The Senators had harsh words for Zuckerberg regarding LLaMA’s distribution and the use of the word “leak.”

“The choice to distribute LLaMA in such an unrestrained and permissive manner raises important and complicated questions about when and how it is appropriate to openly release sophisticated AI models,” the letter says.

“Given the seemingly minimal protections built into LLaMA’s release, Meta should have known that LLaMA would be broadly disseminated, and must have anticipated the potential for abuse,” it continues. “While Meta has described the release as a leak, its chief AI scientist has stated that open models are key to its commercial success. Unfortunately, Meta appears to have failed to conduct any meaningful risk assessment in advance of release, despite the realistic potential for broad distribution, even if unauthorized.”

Meta known as a particularly ‘open’ Big Tech company

Meta is known as a particularly “open” Big Tech company (thanks to FAIR, the Fundamental AI Research Team founded by Meta’s chief AI scientist Yann LeCun in 2013). It had made LLaMA’s model weights available for academics and researchers on a case-by-case basis — including Stanford for the Alpaca project — but those weights were subsequently leaked on 4chan. This allowed developers around the world to fully access a GPT-level LLM for the first time. 

It’s important to note, however, that none of these open-source LLMs are available yet for commercial use, because the LLaMA model is not released for commercial use, and the OpenAI GPT-3.5 terms of use prohibit using the model to develop AI models that compete with OpenAI.

But those building models from the leaked model weights may not abide by those rules.

Meta VP of AI research cited need to ‘lean into transparency’

“The pivots in AI are huge, and we are asking society to come along for the ride,” she said in the April interview. “That’s why, more than ever, we need to invite people to see the technology more transparently and lean into transparency.”

However, Pineau doesn’t fully align herself with statements from OpenAI that cite safety concerns as a reason to keep models closed. “I think these are valid concerns, but the only way to have conversations in a way that really helps us progress is by affording some level of transparency,” she told VentureBeat. 

She pointed to Stanford’s Alpaca project as an example of “gated access” — where Meta made the LLaMA weights available for academic researchers, who fine-tuned the weights to create a model with slightly different characteristics.

“We welcome this kind of investment from the ecosystem to help with our progress,” she said. But while she did not comment to VentureBeat on the 4chan leak that led to the wave of other LLaMA models, she told the Verge in a press statement, “While the [LLaMA] model is not accessible to all … some have tried to circumvent the approval process.”

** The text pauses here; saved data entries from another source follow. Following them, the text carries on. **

-- ===== src/Interface.antt =====
-- lib/interface.c, lib/interface.h: an interface, and the members it is asked for.
--
-- `C` is the type of the callbacks of methods. `members` keeps the order of the description, which
-- nothing here depends on.
pub mod Reading
pub mod Known
mod Ending
pub mod Total
mod Tests
use libvarlink.Prelude.{ℕ, List, Option, none, some}
use libvarlink.KeyOrder.{string_order}
use libvarlink.Avl.{AvlTree, avl_tree_find}
use libvarlink.Types.{VarlinkType}

-- `struct VarlinkMethod`
pub record VarlinkMethod (C : Type 0) : Type 0 where
  pub type_in : VarlinkType
  pub type_out : VarlinkType
  pub callback : Option C

-- `VarlinkMemberType` with the union that it tags
pub data MemberType (C : Type 0) : Type 0 where
  member_alias member_error : VarlinkType → MemberType C
  member_method : VarlinkMethod C → MemberType C

-- `struct VarlinkInterfaceMember`
pub record VarlinkInterfaceMember (C : Type 0) : Type 0 where
  pub name : List ℕ
  pub description : Option (List ℕ)
  pub type : MemberType C

-- `struct VarlinkInterface`
pub record VarlinkInterface (C : Type 0) : Type 0 where
  pub name : List ℕ
  pub description : Option (List ℕ)
  pub members : List (VarlinkInterfaceMember C)
  pub member_tree : AvlTree (VarlinkInterfaceMember C)

module _ {C : Type 0} where
  abbrev pub member_name : VarlinkInterfaceMember C → List ℕ
  member_name m = m.name

  abbrev pub as_method : Option (VarlinkInterfaceMember C) → Option (VarlinkMethod C)
  as_method none = none
  as_method (some m) = elim m.type [
    | member_method f ↦ some f
    | member_alias t ↦ none
    | member_error t ↦ none
  ]

  abbrev pub as_type : Option (VarlinkInterfaceMember C) → Option VarlinkType
  as_type none = none
  as_type (some m) = elim m.type [
    | member_alias t ↦ some t
    | member_method f ↦ none
    | member_error t ↦ none
  ]

  abbrev pub as_error : Option (VarlinkInterfaceMember C) → Option VarlinkType
  as_error none = none
  as_error (some m) = elim m.type [
    | member_error t ↦ some t
    | member_method f ↦ none
    | member_alias t ↦ none
  ]

  abbrev pub described : Option (VarlinkInterfaceMember C) → Option (List ℕ)
  described none = none
  described (some m) = m.description

  unfoldable pub find_member : VarlinkInterface C → List ℕ → Option (VarlinkInterfaceMember C)
  find_member i name = avl_tree_find member_name i.member_tree name

  unfoldable pub varlink_interface_get_method :
      VarlinkInterface C → List ℕ → Option (VarlinkMethod C)
  varlink_interface_get_method i name = as_method (find_member i name)

  unfoldable pub varlink_interface_get_type : VarlinkInterface C → List ℕ → Option VarlinkType
  varlink_interface_get_type i name = as_type (find_member i name)

  unfoldable pub varlink_interface_get_member_description :
      VarlinkInterface C → List ℕ → Option (List ℕ)
  varlink_interface_get_member_description i name = described (find_member i name)
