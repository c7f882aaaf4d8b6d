-- ===== src/Types/Print.antt =====
-- lib/type.c: `varlink_type_print`. Writing to the stream succeeds; what is written is the result.
use libvarlink.Prelude.{
  ℕ, zero, suc, List, [], ◌∷◌, ◌++◌, Bool, true, false, not, ◌||◌, ◌&&◌, Option, none, some, ◌==◌,
  ltb, if◌then◌else◌, length,
}
use libvarlink.Types.{
  VarlinkType, bool_type, int_type, float_type, string_type, foreign_object, array_type, map_type,
  maybe_type, alias_type, enum_type, object_type, Fields, no_fields, bare_field, typed_field,
  string_keyword,
}

abbrev pub bool_keyword : List ℕ
bool_keyword = b'b' ∷ b'o' ∷ b'o' ∷ b'l' ∷ []

abbrev pub int_keyword : List ℕ
int_keyword = b'i' ∷ b'n' ∷ b't' ∷ []

abbrev pub float_keyword : List ℕ
float_keyword = b'f' ∷ b'l' ∷ b'o' ∷ b'a' ∷ b't' ∷ []

abbrev pub object_keyword : List ℕ
object_keyword = b'o' ∷ b'b' ∷ b'j' ∷ b'e' ∷ b'c' ∷ b't' ∷ []

abbrev pub n_fields : Fields → ℕ
n_fields no_fields = 0
n_fields (bare_field name d rest) = suc (n_fields rest)
n_fields (typed_field name d t rest) = suc (n_fields rest)

abbrev pub is_described : Option (List ℕ) → Bool
is_described none = false
is_described (some d) = true

abbrev pub is_nested : VarlinkType → Bool
is_nested (enum_type _) = true
is_nested (object_type _) = true
is_nested _ = false

-- A field that has a description, or a nested type.
abbrev pub any_field : Fields → Bool
any_field no_fields = false
any_field (bare_field name d rest) = is_described d || any_field rest
any_field (typed_field name d t rest) = is_described d || is_nested t || any_field rest

abbrev pub is_object : VarlinkType → Bool
is_object (object_type _) = true
is_object _ = false

-- The type's line, as `varlink_type_get_typestring` returns it, is an argument.
unfoldable pub is_multiline : VarlinkType → Fields → List ℕ → Bool
is_multiline t fs typestring =
    if n_fields fs == 0
    then false
    else if is_object t && ltb 2 (n_fields fs)
    then true
    else if any_field fs
    then true
    else ltb 40 (length typestring)

-- A description's lines; what follows the last newline is a line only if it is not empty.
abbrev pub push_char : ℕ → List (List ℕ) → List (List ℕ)
push_char c [] = (c ∷ []) ∷ []
push_char c (l ∷ ls) = (c ∷ l) ∷ ls

unfoldable pub doc_lines : List ℕ → List (List ℕ)
doc_lines [] = []
doc_lines (c ∷ cs) = let rest = doc_lines cs in if c == b'\n' then [] ∷ rest else push_char c rest

unfoldable pub indentation : ℕ → List ℕ
indentation zero = []
indentation (suc n) = b' ' ∷ b' ' ∷ indentation n

abbrev pub deeper : Option ℕ → Option ℕ
deeper none = none
deeper (some n) = some (suc n)

-- The strings that mark comments and types up; NULL marks a type up with nothing.
pub record Marks : Type 0 where
  pub comment_pre : List ℕ
  pub comment_post : List ℕ
  pub type_pre : List ℕ
  pub type_post : List ℕ

abbrev pub no_marks : Marks
no_marks = record { comment_pre = []; comment_post = []; type_pre = []; type_post = [] }

abbrev pub marked : Marks → List ℕ → List ℕ
marked m word = m.type_pre ++ (word ++ m.type_post)

unfoldable pub print_doc : Marks → ℕ → List (List ℕ) → List ℕ
print_doc m n [] = []
print_doc m n (l ∷ ls) =
    indentation n
    ++ (m.comment_pre
        ++ (b'#'
            ∷ ((if length l == 0 then [] else b' ' ∷ l)
                ++ (m.comment_post ++ b'\n' ∷ print_doc m n ls))))

-- What stands in front of a field's name where the type is printed on several lines. The indent is `none` for -1.
unfoldable pub print_lead : Marks → ℕ → Bool → Bool → Option (List ℕ) → List ℕ
print_lead m n first printed none = b'\n' ∷ indentation n
print_lead m n first printed (some d) =
    b'\n'
    ∷ ((if not first && not printed then b'\n' ∷ [] else [])
        ++ (print_doc m n (doc_lines d) ++ indentation n))

abbrev pub lead : Marks → Bool → Option ℕ → Bool → Bool → Option (List ℕ) → List ℕ
lead m false indent first printed d = []
lead m true none first printed d = []
lead m true (some n) first printed d = print_lead m (suc n) first printed d

-- What stands behind a field.
abbrev pub behind : Bool → Option (List ℕ) → Fields → List ℕ
behind multiline d no_fields = []
behind multiline d _ =
    b',' ∷ (if not multiline then b' ' ∷ [] else if is_described d then b'\n' ∷ [] else [])

abbrev pub close_lines : Bool → Option ℕ → List ℕ
close_lines false indent = []
close_lines true none = []
close_lines true (some n) = b'\n' ∷ indentation n

-- The test is made only for an indent that is not -1.
abbrev pub multiline_at : Option ℕ → VarlinkType → Fields → List ℕ → Bool
multiline_at none t fs typestring = false
multiline_at (some n) t fs typestring = is_multiline t fs typestring

-- `(`, the fields, `)`.
abbrev pub bracketed : Bool → Option ℕ → List ℕ → List ℕ
bracketed multiline indent fields = b'(' ∷ (fields ++ (close_lines multiline indent ++ b')' ∷ []))

unfoldable mutual
  pub varlink_type_print : Marks → Option ℕ → VarlinkType → List ℕ
  varlink_type_print m indent bool_type = marked m bool_keyword
  varlink_type_print m indent int_type = marked m int_keyword
  varlink_type_print m indent float_type = marked m float_keyword
  varlink_type_print m indent string_type = marked m string_keyword
  varlink_type_print m indent foreign_object = marked m object_keyword
  varlink_type_print m indent (array_type t) = b'[' ∷ b']' ∷ varlink_type_print m indent t
  varlink_type_print m indent (map_type t) =
      b'[' ∷ (marked m string_keyword ++ b']' ∷ varlink_type_print m indent t)
  varlink_type_print m indent (maybe_type t) = b'?' ∷ varlink_type_print m indent t
  varlink_type_print m indent (alias_type name) = marked m name
  varlink_type_print m indent (enum_type fields) =
      let line = bracketed false none (print_fields no_marks false none true false fields) in
      let multiline = multiline_at indent (enum_type fields) fields line in
      bracketed multiline indent (print_fields m multiline indent true false fields)
  varlink_type_print m indent (object_type fields) =
      let line = bracketed false none (print_fields no_marks false none true false fields) in
      let multiline = multiline_at indent (object_type fields) fields line in
      bracketed multiline indent (print_fields m multiline indent true false fields)

  -- Is this the first field, was a description printed for the one before?
  pub print_fields : Marks → Bool → Option ℕ → Bool → Bool → Fields → List ℕ
  print_fields m multiline indent first printed no_fields = []
  print_fields m multiline indent first printed (bare_field name d rest) =
      lead m multiline indent first printed d
      ++ (name
          ++ (behind multiline d rest
              ++ print_fields m multiline indent false (is_described d) rest))
  print_fields m multiline indent first printed (typed_field name d t rest) =
      lead m multiline indent first printed d
      ++ (name
          ++ (b':'
              ∷ b' '
              ∷ (varlink_type_print m (deeper indent) t
                  ++ (behind multiline d rest
                      ++ print_fields m multiline indent false (is_described d) rest))))

-- The indent is -1, so all stands on one line, without comments.
unfoldable pub varlink_type_get_typestring : VarlinkType → List ℕ
varlink_type_get_typestring t = varlink_type_print no_marks none t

Pineau did emphasize that Meta received complaints on both sides of the debate regarding its decision to partially open LLaMA. “On the one hand, we have many people who are complaining it’s not nearly open enough, they wish we would have enabled commercial use for these models,” she said. “But the data we train on doesn’t allow commercial usage of this data. We are respecting the data.”

However, there are also concerns that Meta was too open and that these models are fundamentally dangerous. “If people are equally complaining on both sides, maybe we didn’t do too bad in terms of making it a reasonable model,” she said. “I will say this is something we always monitor and with each of our releases, we carefully look at the trade-offs in terms of benefits and potential harm.”